Records excerpted from a collection ->

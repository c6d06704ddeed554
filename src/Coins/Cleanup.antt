-- ===== src/Coins/Cleanup.antt =====
-- What Cleanup takes away.
use primmonero.Base.{
  ◌↔◌, ℕ, zero, suc, ◌≡◌, refl, sym, ap, ◌∙◌, Bool, true, false, not, ◌&&◌, List, [], ◌∷◌, ◌++◌,
  ltb, length, get_or, Bool-cases, inl, inr, arith,
}
use mathlib.Core.List.{reverse, reverse-cons, reverse-reverse}
use primmonero.Coins.{
  TxOut, null_out, is_null, Coins, pop_nulls, cleanup, is_available, all_null, is_pruned,
}

-- Cleanup from the front: an output goes when it is null and all after it are.
unfoldable pub trim : List TxOut → List TxOut
trim [] = []
trim (o ∷ os) = elim (is_null o && all_null os) [ true ↦ [] | false ↦ o ∷ trim os ]

pub trim-null : (os : List TxOut) → all_null os ≡ true → trim os ≡ []
unfolding trim all_null
trim-null [] e = refl
trim-null (o ∷ os) e = let all : (is_null o && all_null os) ≡ true = e in rw (trim, all) refl

and_swap : (a b c : Bool) → (a && (b && c)) ≡ (b && (a && c))
and_swap true true c = refl
and_swap true false c = refl
and_swap false true c = refl
and_swap false false c = refl

all_null-append :
    (os : List TxOut) (o : TxOut) → all_null (os ++ o ∷ []) ≡ (is_null o && all_null os)
unfolding all_null
all_null-append [] o = refl
all_null-append (x ∷ os) o =
    ap (λ b. is_null x && b) (all_null-append os o) ∙ and_swap (is_null x) (is_null o) (all_null os)

trim-append-null : (os : List TxOut) (o : TxOut) → is_null o ≡ true → trim (os ++ o ∷ []) ≡ trim os
unfolding trim all_null
trim-append-null [] o e = rw (trim, e) refl
trim-append-null (x ∷ os) o e = elim (Bool-cases (is_null x && all_null os)) [
  | inl all ↦ rw (trim, all_null-append os o, e, all) refl
  | inr some_left ↦ rw (trim, all_null-append os o, e, some_left, trim-append-null os o e) refl
]

trim-append : (os : List TxOut) (o : TxOut) → is_null o ≡ false → trim (os ++ o ∷ []) ≡ os ++ o ∷ []
unfolding trim all_null
trim-append [] o e = rw (trim, e) refl
trim-append (x ∷ os) o e = elim (Bool-cases (is_null x)) [
  | inl empty ↦ rw (trim, all_null-append os o, e, empty, trim-append os o e) refl
  | inr full ↦ rw (trim, full, trim-append os o e) refl
]

pop_nulls-trim : (ys : List TxOut) → reverse (pop_nulls ys) ≡ trim (reverse ys)
unfolding pop_nulls trim
pop_nulls-trim [] = refl
pop_nulls-trim (o ∷ ys) = elim (Bool-cases (is_null o)) [
  | inl empty ↦
      rw (pop_nulls, empty, reverse-cons o ys, trim-append-null (reverse ys) o empty)
        (pop_nulls-trim ys)
  | inr full ↦ rw (pop_nulls, full, reverse-cons o ys, trim-append (reverse ys) o full) refl
]

pub vout-cleanup : (c : Coins) → (cleanup c).vout ≡ trim c.vout
unfolding cleanup
vout-cleanup c = pop_nulls-trim (reverse c.vout) ∙ ap trim (reverse-reverse c.vout)

-- A position past the end counts as null.
pub is_available_lem :
    (c : Coins) (n : ℕ) → is_available c n ≡ not (is_null (get_or c.vout n null_out))
unfolding is_available
is_available_lem c n = within c.vout n
  where
    within :
        (os : List TxOut) (n : ℕ)
        → (ltb n (length os) && not (is_null (get_or os n null_out)))
          ≡ not (is_null (get_or os n null_out))
    within [] n = ground arith
    within (o ∷ os) zero = ground arith
    within (o ∷ os) (suc n) = ground (arith, within os n)

pub null_parts : (a b : Bool) → (a && b) ≡ true → (a ≡ true) × (b ≡ true)
null_parts true true e = (refl, refl)
null_parts true false e = cc
null_parts false b e = cc

pub all_null-get_or :
    (os : List TxOut) (n : ℕ) → all_null os ≡ true → is_null (get_or os n null_out) ≡ true
unfolding all_null
all_null-get_or [] n e = refl
all_null-get_or (o ∷ os) zero e = (null_parts (is_null o) (all_null os) e).0
all_null-get_or (o ∷ os) (suc n) e = all_null-get_or os n (null_parts (is_null o) (all_null os) e).1

get_or-trim :
    (os : List TxOut) (n : ℕ)
    → is_null (get_or (trim os) n null_out) ≡ is_null (get_or os n null_out)
unfolding trim
get_or-trim [] n = refl
get_or-trim (o ∷ os) n = elim (Bool-cases (is_null o && all_null os)) [
  | inl all ↦ rw (trim, all) (sym (all_null-get_or (o ∷ os) n (unfold all_null in all)))
  | inr some_left ↦ rw (trim, some_left) (kept (get_or-trim os) n)
]
  where
    kept :
        ((m : ℕ) → is_null (get_or (trim os) m null_out) ≡ is_null (get_or os m null_out))
        → (n : ℕ) → is_null (get_or (o ∷ trim os) n null_out) ≡ is_null (get_or (o ∷ os) n null_out)
    kept rest zero = refl
    kept rest (suc n) = rest n

-- Cleanup changes no output's availability.
pub is_available-cleanup : (c : Coins) (n : ℕ) → is_available (cleanup c) n ≡ is_available c n
is_available-cleanup c n =
    is_available_lem (cleanup c) n
    ∙ (rw (vout-cleanup c) (ap not (get_or-trim c.vout n)) ∙ sym (is_available_lem c n))

pub trim-empty : (os : List TxOut) → trim os ≡ [] → all_null os ≡ true
unfolding trim all_null
trim-empty [] e = refl
trim-empty (o ∷ os) e = elim (Bool-cases (is_null o && all_null os)) [
  | inl all ↦ all
  | inr some_left ↦ cc (rw (trim, some_left) at e)
]

pub all_null-trim : (os : List TxOut) → all_null (trim os) ≡ all_null os
unfolding trim all_null
all_null-trim [] = refl
all_null-trim (o ∷ os) = elim (Bool-cases (is_null o && all_null os)) [
  | inl all ↦ rw (trim, all) refl
  | inr some_left ↦ rw (trim, some_left, all_null-trim os) some_left
]

pub trim-trim : (os : List TxOut) → trim (trim os) ≡ trim os
unfolding trim
trim-trim [] = refl
trim-trim (o ∷ os) = elim (Bool-cases (is_null o && all_null os)) [
  | inl all ↦ rw (trim, all) refl
  | inr some_left ↦ rw (trim, some_left) (rw (trim, all_null-trim os, some_left, trim-trim os) refl)
]

-- A cleanup leaves no output exactly when the entry was pruned, and a second cleanup changes nothing.
pub cleanup-is_pruned :
    (c : Coins)
    → (((cleanup c).vout ≡ []) ↔ (is_pruned c ≡ true)) × (cleanup (cleanup c) ≡ cleanup c)
unfolding is_pruned cleanup
cleanup-is_pruned c = (
  (λ e. trim-empty c.vout (sym (vout-cleanup c) ∙ e), λ e. vout-cleanup c ∙ trim-null c.vout e),
  λ i. record { coin_base = c.coin_base; vout = same i; height = c.height; version = c.version },
)
  where
    same : (cleanup (cleanup c)).vout ≡ (cleanup c).vout
    same =
        vout-cleanup (cleanup c)
        ∙ (ap trim (vout-cleanup c) ∙ (trim-trim c.vout ∙ sym (vout-cleanup c)))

WHAT TO DO -> Lines containing the word "length" must be found in the data above and copied.

SOLUTION ->
  ltb, length, get_or, Bool-cases, inl, inr, arith,
        → (ltb n (length os) && not (is_null (get_or os n null_out)))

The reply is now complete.